[Stored data entries]
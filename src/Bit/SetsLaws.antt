-- ===== src/Bit/SetsLaws.antt =====
-- include/hlibc/bit.h: `bit_test` behind `bit_set`, `bit_clear` and `bit_flip`.
use native.Mathlib.Decide.{ℕ_discrete}
use hlibc.Base.{
  ℕ, ◌+◌, ◌-◌, ◌*◌, ◌/◌, ◌%◌, ◌^◌, ◌<◌, bit_and, bit_or, bit_xor, ◌≡◌, sym, ap, ◌∙◌, List, length,
  get_or, set, get_or-set_self, get_or-set_ne, ◌==◌, if◌then◌else◌, arith,
}
use hlibc.Bits.{
  bit, bit-lt, bit-bit_or, bit-bit_and, bit-bit_xor, bit-bit_not, bit-mod_pow, bit-shifted,
  one_digit, bit_and_mask, bit_not,
}
use hlibc.Bit.Sets.{bit_test, bit_set, bit_clear, bit_flip}

-- The place that `bit_test` reads for the bit that `bit_set` calls `i`: bit `i % 8` from the other
-- end of byte `i / 8`.
abbrev pub mirror : ℕ → ℕ
mirror i = i / 8 * 8 + (7 - i % 8)

bit_test_lem : (base : List ℕ) (i : ℕ) → bit_test base i ≡ bit (get_or base (i / 8) 0) (7 - i % 8)
unfolding bit_test
bit_test_lem base i = rw (bit_and_mask 3 i) (one_digit (get_or base (i / 8) 0) (7 - i % 8))

-- A changed byte, seen through `bit_test`.
module _ (base : List ℕ) (i : ℕ) (inside : i / 8 < length base) (change : ℕ → ℕ) (seen : ℕ → ℕ)
    (changed : (b m : ℕ)
      → m < 8
      → bit (change b) m ≡ (if i % 8 == m then seen (bit b m) else bit b m)) where
  bit_test-store :
      (j : ℕ)
      → bit_test (set base (i / 8) (change (get_or base (i / 8) 0) % 256)) j
        ≡ (if j == mirror i then seen (bit_test base j) else bit_test base j)
  bit_test-store j =
      let b = get_or base (i / 8) 0 in
      elim (ℕ_discrete (i / 8) (j / 8)) [
        | yes same ↦
            let place : get_or base (j / 8) 0 ≡ b = ap (λ t. get_or base t 0) (sym same) in
            let new : get_or (set base (i / 8) (change b % 256)) (j / 8) 0 ≡ change b % 256 =
              ap (λ t. get_or (set base (i / 8) (change b % 256)) t 0) (sym same)
              ∙ get_or-set_self base (i / 8) (change b % 256) 0 inside in
            ground (
              arith,
              bit_test_lem base j,
              bit_test_lem (set base (i / 8) (change b % 256)) j,
              ap (λ t. bit t (7 - j % 8)) new,
              ap (λ t. bit t (7 - j % 8)) place,
              bit-mod_pow 8 (change b) (7 - j % 8),
              changed b (7 - j % 8),
            )
        | no other ↦
            let kept = get_or-set_ne base (i / 8) (j / 8) (change b % 256) 0 other in
            ground (
              arith,
              bit_test_lem base j,
              bit_test_lem (set base (i / 8) (change b % 256)) j,
              ap (λ t. bit t (7 - j % 8)) kept,
            )
      ]

bit_test-bit_set :
    (base : List ℕ) (i j : ℕ)
    → i / 8 < length base
    → bit_test (bit_set base i) j ≡ (if j == mirror i then 1 else bit_test base j)
unfolding bit_set
bit_test-bit_set base i j h =
    bit_test-store base i h (λ b. bit_or b (1 * 2 ^ (i % 8))) (λ b. 1)
      (λ b m lt.
        ground (arith, bit-bit_or b (1 * 2 ^ (i % 8)) m, bit-shifted 1 (i % 8) m, bit-lt b m))
      j

bit_test-bit_clear :
    (base : List ℕ) (i j : ℕ)
    → i / 8 < length base
    → bit_test (bit_clear base i) j ≡ (if j == mirror i then 0 else bit_test base j)
unfolding bit_clear
bit_test-bit_clear base i j h =
    bit_test-store base i h (λ b. bit_and b (bit_not 32 (1 * 2 ^ (i % 8)))) (λ b. 0)
      (λ b m lt. ground (
        arith,
        bit-bit_and b (bit_not 32 (1 * 2 ^ (i % 8))) m,
        bit-bit_not 32 (1 * 2 ^ (i % 8)) m,
        bit-shifted 1 (i % 8) m,
        bit-lt b m,
      ))
      j

bit_test-bit_flip :
    (base : List ℕ) (i j : ℕ)
    → i / 8 < length base
    → bit_test (bit_flip base i) j
      ≡ (if j == mirror i then 1 - bit_test base j else bit_test base j)
unfolding bit_flip
bit_test-bit_flip base i j h =
    bit_test-store base i h (λ b. bit_xor b (1 * 2 ^ (i % 8))) (λ b. 1 - b)
      (λ b m lt.
        ground (arith, bit-bit_xor b (1 * 2 ^ (i % 8)) m, bit-shifted 1 (i % 8) m, bit-lt b m))
      j

-- After `bit_set`, `bit_clear` and `bit_flip` of a bit inside the buffer, `bit_test` reads 1, 0 and the
-- opposite at the mirrored place, and every other bit as before.
pub bit_test_stored :
    (base : List ℕ) (i j : ℕ)
    → i / 8 < length base
    → (bit_test (bit_set base i) j ≡ (if j == mirror i then 1 else bit_test base j))
      × (bit_test (bit_clear base i) j ≡ (if j == mirror i then 0 else bit_test base j))
      × (bit_test (bit_flip base i) j
          ≡ (if j == mirror i then 1 - bit_test base j else bit_test base j))
bit_test_stored base i j h =
    (bit_test-bit_set base i j h, bit_test-bit_clear base i j h, bit_test-bit_flip base i j h)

▶ **Description of the task**
Go through the entries above and copy every line containing "changed".

▶ **Expected answer**
-- A changed byte, seen through `bit_test`.
    (changed : (b m : ℕ)
              changed b (7 - j % 8),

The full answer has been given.